Maybe we should be asking this question "What are you trying to accomplish with this circuit, and that particular measurement?".
If you have a motor that draws 30A at 12V, then putting a 4700 ohm resistor in series with it will probably not even allow the motor to start turning! Think about the following scenario.
At t=0, when 12V is applied to an idle motor and a 4700 ohm resistor, the motor looks like a simple wire (R=0, short-circuit). That means you will have a 4700 ohm resistor with 12V across it. That will result in a maximum current of (V=I*R), 12V / 4700 ohms = 2.55 mA! If that is a 30A motor, then there isn't a snowball's chance that it'll develop enough of a field to get turning.

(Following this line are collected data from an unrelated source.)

-- ===== src/Api/Client/Get/Answers.antt =====
-- Which answers `restGet` passes on.
use Prim.Native.String.{◌++◌}
use goppstats.Prelude.{
  ℕ, zero, suc, String, ◌≡◌, refl, ap, subst, ◌∙◌, Option, none, some, arith, ◌==◌, string_eq,
  nat_eq, inl, inr, Bool-cases,
}
use goppstats.Prelude.Result.{ok, err, Error, Result-cases, is_connection_refused}
use goppstats.Api.Client.{Cluster, Request, Response, Net, authtype_basic}
use goppstats.Api.Client.Session.{Finish, returned, left, next_retry, rounds, authenticate}
use goppstats.Api.Client.Get.Frame.{identity, identity-authenticate}
use goppstats.Api.Client.Get.{new_get_request, get_loop, end_get, get_fresh, needs_auth, rest_get}

module _ {Float64 W : Type 0} (net : Net Float64 W) where
  -- A request that the client, with its identity and some CSRF token, makes of a URL.
  abbrev IsMadeBy : Cluster → String → Request → Type 0
  IsMadeBy o url req =
      (c : Cluster) × (identity c ≡ identity o) × (new_get_request net c url ≡ ok req)

  -- The network answered such a request with this response.
  abbrev pub IsAnswer : Cluster → String → Response → Type 0
  IsAnswer o url resp =
      (req : Request) × (w : W) × IsMadeBy o url req × ((net.send req w).0 ≡ ok resp)

  -- The response left by a loop, if any, is an answer; an early return is no success.
  abbrev IsHonest : Cluster → String → Finish String → Type 0
  IsHonest o url (returned (ok body)) = ⊥
  IsHonest o url (returned (err e)) = Unit
  IsHonest o url (left e (some resp)) = IsAnswer o url resp
  IsHonest o url (left e none) = Unit

  get_loop-IsHonest :
      (n secs : ℕ) (url : String) (req : Request) (e : Option Error) (resp : Option Response)
      (c o : Cluster) (w : W)
      → identity c ≡ identity o
      → IsMadeBy o url req
      → IsHonest o url (left e resp)
      → IsHonest o url (get_loop net n secs url req e resp c w).0
  unfolding get_loop
  get_loop-IsHonest zero secs url req e resp c o w i made h = h
  get_loop-IsHonest (suc n) secs url req e resp c o w i made h =
      let w₁ = (net.send req w).1 in
      let (a, c', w₂) = authenticate net c w₁ in
      elim (Result-cases (net.send req w).0) [
        | inl (resp', s) ↦ elim (Bool-cases (resp'.status_code == 200)) [
          | inl t ↦ rw (s, get_loop) (rw (t, get_loop) (req, w, made, s))
          | inr t ↦ elim (Bool-cases (resp'.status_code == 401)) [
            | inr u ↦ rw (s, get_loop) (rw (t, get_loop) (rw (u, get_loop) tt))
            | inl u ↦ elim (Bool-cases (c.auth_type == authtype_basic)) [
              | inl b ↦ rw (s, get_loop) (rw (t, get_loop) (rw (u, get_loop) (rw (b, get_loop) tt)))
              | inr b ↦
                  rw (s, get_loop)
                    (rw (t, get_loop)
                      (rw (u, get_loop)
                        (rw (b, get_loop)
                          (elim (Result-cases a) [
                            | inr (x, q) ↦ rw (q, get_loop) tt
                            | inl (_, q) ↦ elim (Result-cases (new_get_request net c' url)) [
                              | inr (x, p) ↦ rw (q, get_loop) (rw (p, get_loop) tt)
                              | inl (req', p) ↦
                                  rw (q, get_loop)
                                    (rw (p, get_loop)
                                      (get_loop-IsHonest n secs url req' none (some resp') c' o w₂
                                        (identity-authenticate net c w₁ ∙ i)
                                        (c', identity-authenticate net c w₁ ∙ i, p)
                                        (req, w, made, s)))
                            ]
                          ]))))
            ]
          ]
        ]
        | inr (x, s) ↦
            rw (s, get_loop)
              (elim (Bool-cases (is_connection_refused x)) [
                | inr t ↦ rw (t, get_loop) tt
                | inl t ↦ elim (Bool-cases (net.wait secs w₁).0) [
                  | inr q ↦ rw (t, get_loop) (rw (q, get_loop) tt)
                  | inl q ↦
                      rw (t, get_loop)
                        (rw (q, get_loop)
                          (get_loop-IsHonest n (next_retry secs) url req (some x) none c o
                            (net.wait secs w₁).1 i made tt))
                ]
              ])
      ]

  end_get-IsAnswer :
      (o : Cluster) (url : String) (f : Finish String × Cluster × W) (body : String)
      → IsHonest o url f.0
      → (end_get net f).0 ≡ ok body
      → (resp : Response) × IsAnswer o url resp × (resp.status_code ≡ 200) × (resp.body ≡ ok body)
  unfolding end_get
  end_get-IsAnswer o url (returned (ok b), c, w) body h e = elim h [ ]
  end_get-IsAnswer o url (returned (err x), c, w) body h e = ground (arith, e)
  end_get-IsAnswer o url (left (some x) resp, c, w) body h e = ground (arith, e)
  end_get-IsAnswer o url (left none none, c, w) body h e = ground (arith, e)
  end_get-IsAnswer o url (left none (some resp), c, w) body h e =
      (resp, h, ground (arith, e), ground (arith, e))

  -- A body is that of an answer to a request of the endpoint, with status 200.
  abbrev pub IsAnswered : Cluster → String → String → Type 0
  IsAnswered o endpoint body =
      (url : String) × (resp : Response) × (net.parse_url (o.base_url ++ endpoint) ≡ ok url)
      × IsAnswer o url resp
      × (resp.status_code ≡ 200)
      × (resp.body ≡ ok body)

  get_fresh-IsAnswered :
      (c o : Cluster) (endpoint : String) (w : W) (body : String)
      → identity c ≡ identity o
      → (get_fresh net c endpoint w).0 ≡ ok body
      → IsAnswered o endpoint body
  unfolding get_fresh
  get_fresh-IsAnswered c o endpoint w body i e =
      elim (Result-cases (net.parse_url (c.base_url ++ endpoint))) [
        | inr (x, p) ↦ let no : ⊥ = ground (arith, p, e) in elim no [ ]
        | inl (url, p) ↦ elim (Result-cases (new_get_request net c url)) [
          | inr (x, q) ↦ let no : ⊥ = ground (arith, p, q, e) in elim no [ ]
          | inl (req, q) ↦
              let (resp, answer, ok_status, same) =
                end_get-IsAnswer o url (get_loop net (rounds c.max_retries) 1 url req none none c w)
                  body
                  (get_loop-IsHonest (rounds c.max_retries) 1 url req none none c o w i (c, i, q)
                    tt)
                  (ground (arith, p, q, e)) in
              (
                url,
                resp,
                subst (λ b. net.parse_url (b ++ endpoint) ≡ ok url) (ap (λ x. x.base_url) i) p,
                answer,
                ok_status,
                same,
              )
        ]
      ]

  pub rest_get-IsAnswer :
      (c : Cluster) (endpoint : String) (w : W) (body : String)
      → (rest_get net c endpoint w).0 ≡ ok body
      → IsAnswered c endpoint body
  unfolding rest_get
  rest_get-IsAnswer c endpoint w body e =
      let (a, c', w₁) = authenticate net c w in
      elim (Bool-cases (needs_auth net c w)) [
        | inr p ↦ get_fresh-IsAnswered c c endpoint w body refl (ground (arith, p, e))
        | inl p ↦ elim (Result-cases a) [
          | inr (x, q) ↦ let no : ⊥ = ground (arith, p, q, e) in elim no [ ]
          | inl (_, q) ↦
              get_fresh-IsAnswered c' c endpoint w₁ body (identity-authenticate net c w)
                (ground (arith, p, q, e))
        ]
      ]
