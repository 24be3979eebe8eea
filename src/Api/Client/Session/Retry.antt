-- ===== src/Api/Client/Session/Retry.antt =====
-- The waits between retries.
use goppstats.Prelude.{ℕ, zero, suc, ◌^◌, ◌≡◌, refl, arith}
use Prim.Native.Nat.{min}
use native.Mathlib.Nat.{pow-suc}
use goppstats.Api.Client.{max_timeout_secs}
use goppstats.Api.Client.Session.{next_retry}

-- The wait before the retry of a number, from 0.
unfoldable pub backoff : ℕ → ℕ
backoff zero = 1
backoff (suc k) = next_retry (backoff k)

-- The wait doubles from one second until it stays at the limit.
pub backoff_lem : (k : ℕ) → backoff k ≡ min (2 ^ k) max_timeout_secs
unfolding backoff next_retry
backoff_lem zero = refl
backoff_lem (suc k) = ground (arith, backoff_lem k, pow-suc 2 k)
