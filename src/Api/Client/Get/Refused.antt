-- ===== src/Api/Client/Get/Refused.antt =====
-- A cluster that refuses connections: the retries of `restGet`.
use Prim.Native.Nat.{min}
use Prim.Native.String.{◌++◌}
use goppstats.Prelude.{ℕ, zero, suc, ◌^◌, String, ◌≡◌, refl, true, false, none, some, arith}
use goppstats.Prelude.Result.{ok, err, Error, is_connection_refused}
use goppstats.Prelude.Int.{pos}
use goppstats.Api.Client.{Cluster, Request, Net, max_timeout_secs}
use goppstats.Api.Client.Session.{left}
use goppstats.Api.Client.Session.Retry.{backoff, backoff_lem}
use goppstats.Api.Client.Get.{new_get_request, get_loop, end_get, get_fresh, needs_auth, rest_get}

module _ {Float64 W : Type 0} (net : Net Float64 W) where
  -- The network after so many attempts, each followed by its wait, from the attempt of a number.
  unfoldable pub after_attempts : Request → ℕ → ℕ → W → W
  after_attempts req k zero w = w
  after_attempts req k (suc n) w =
      after_attempts req (suc k) n (net.wait (min (2 ^ k) max_timeout_secs) (net.send req w).1).1

  -- The network refuses this request, always.
  abbrev IsRefused : Request → Error → Type 0
  IsRefused req x = ((w : W) → (net.send req w).0 ≡ err x) × (is_connection_refused x ≡ true)

  -- Every wait passes: the context is not cancelled.
  abbrev IsPatient : Type 0
  IsPatient = (secs : ℕ) (w : W) → (net.wait secs w).0 ≡ true

  get_loop-refused :
      (k n : ℕ) (url : String) (req : Request) (x : Error) (c : Cluster) (w : W)
      → IsRefused req x
      → IsPatient
      → get_loop net n (backoff k) url req (some x) none c w
        ≡ (left (some x) none, c, after_attempts req k n w)
  unfolding get_loop backoff after_attempts
  get_loop-refused k zero url req x c w h p = refl
  get_loop-refused k (suc n) url req x c w h p =
      let w₁ = (net.send req w).1 in
      ground (
        arith,
        h.0 w,
        h.1,
        backoff_lem k,
        p (backoff k) w₁,
        get_loop-refused (suc k) n url req x c (net.wait (backoff k) w₁).1 h p,
      )

  -- When no authentication is due, every attempt is refused and no wait is cancelled, `restGet` makes
  -- as many attempts as the configuration allows, at least one, with waits of 1, 2, 4, … seconds up to
  -- the limit; it then returns the network's error, and the client is unchanged.
  pub rest_get-refused :
      (n : ℕ) (endpoint url : String) (req : Request) (x : Error) (c : Cluster) (w : W)
      → c.max_retries ≡ pos (suc n)
      → needs_auth net c w ≡ false
      → net.parse_url (c.base_url ++ endpoint) ≡ ok url
      → new_get_request net c url ≡ ok req
      → IsRefused req x
      → IsPatient
      → rest_get net c endpoint w ≡ (err x, c, after_attempts req 0 (suc n) w)
  unfolding rest_get get_fresh get_loop backoff after_attempts end_get
  rest_get-refused n endpoint url req x c w m a u q h p =
      let w₁ = (net.send req w).1 in
      ground (arith, h.0 w, h.1, p 1 w₁, get_loop-refused 1 n url req x c (net.wait 1 w₁).1 h p)
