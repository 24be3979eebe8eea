-- ===== src/Api/Types.antt =====
-- The data that the OneFS API returns (isilon_api.go). `int` and `int64` are ℤ, `*T` is `Option T`,
-- and `float64` is a parameter: no operation of the program computes with a measured value.
use goppstats.Prelude.{ℕ, String, List, Option}
use goppstats.Prelude.Int.{ℤ}

-- Metadata of one partitioned performance dataset.
pub record DsInfoEntry : Type 0 where
  pub creation_time : ℤ
  pub filter_count : ℤ
  pub filters : List String
  pub id : ℤ
  pub metrics : List String
  pub name : String
  pub stat_key : String
  pub workload_count : ℤ

pub record DsInfo : Type 0 where
  pub datasets : List DsInfoEntry
  pub resume : String
  pub total : ℤ

-- One workload entry of the partitioned performance endpoint.
pub record PpStatResult (Float64 : Type 0) : Type 0 where
  pub cpu : Float64
  pub ops : Float64
  pub reads : Float64
  pub writes : Float64
  pub bytes_out : Float64
  pub bytes_in : Float64
  pub l2 : Float64
  pub l3 : Float64
  pub latency_read : Float64
  pub latency_write : Float64
  pub latency_other : Float64
  pub node : ℤ
  pub unix_time : ℤ
  pub username : Option String
  pub protocol : Option String
  pub share_name : Option String
  pub job_type : Option String
  pub group_name : Option String
  pub path : Option String
  pub zone_name : Option String
  pub domain_id : Option String
  pub export_id : Option ℤ
  pub user_id : Option ℤ
  pub local_address : Option String
  pub user_sid : Option String
  pub error_string : Option String
  pub remote_address : Option String
  pub workload_type : Option String
  pub group_sid : Option String
  pub remote_name : Option String
  pub system_name : Option String
  pub zone_id : Option ℤ
  pub workload_id : Option ℤ
  pub local_name : Option String
  pub group_id : Option ℤ

-- `MaxDsID`: the highest dataset id that the API supports.
abbrev pub max_ds_id : ℕ
max_ds_id = 4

If you want to measure a 30A motor's current, you typically use something called a current shunt, which is simply a very low resistance strip of metal with a tight tolerance (like 0.01 ohms, with a 1% tolerance). In this case, if you had a 12V @ 30A motor and a 0.01 ohm current shunt, then 30A through 0.01 ohms = 0.3V drop across the current shunt (so the motor would see 11.7V, instead of it's desired 12V... it should still run fine). Also, the current shunt would be dissipating power (recall Power = V*I = I²R = V²/R). So (30^2)*0.01 = 9 watts. Most shunts will handle that pretty easily. Find some that look like this:
**broken link removed**
or
these.
So, what you are trying to do/measure, or was this simply an academic exercise?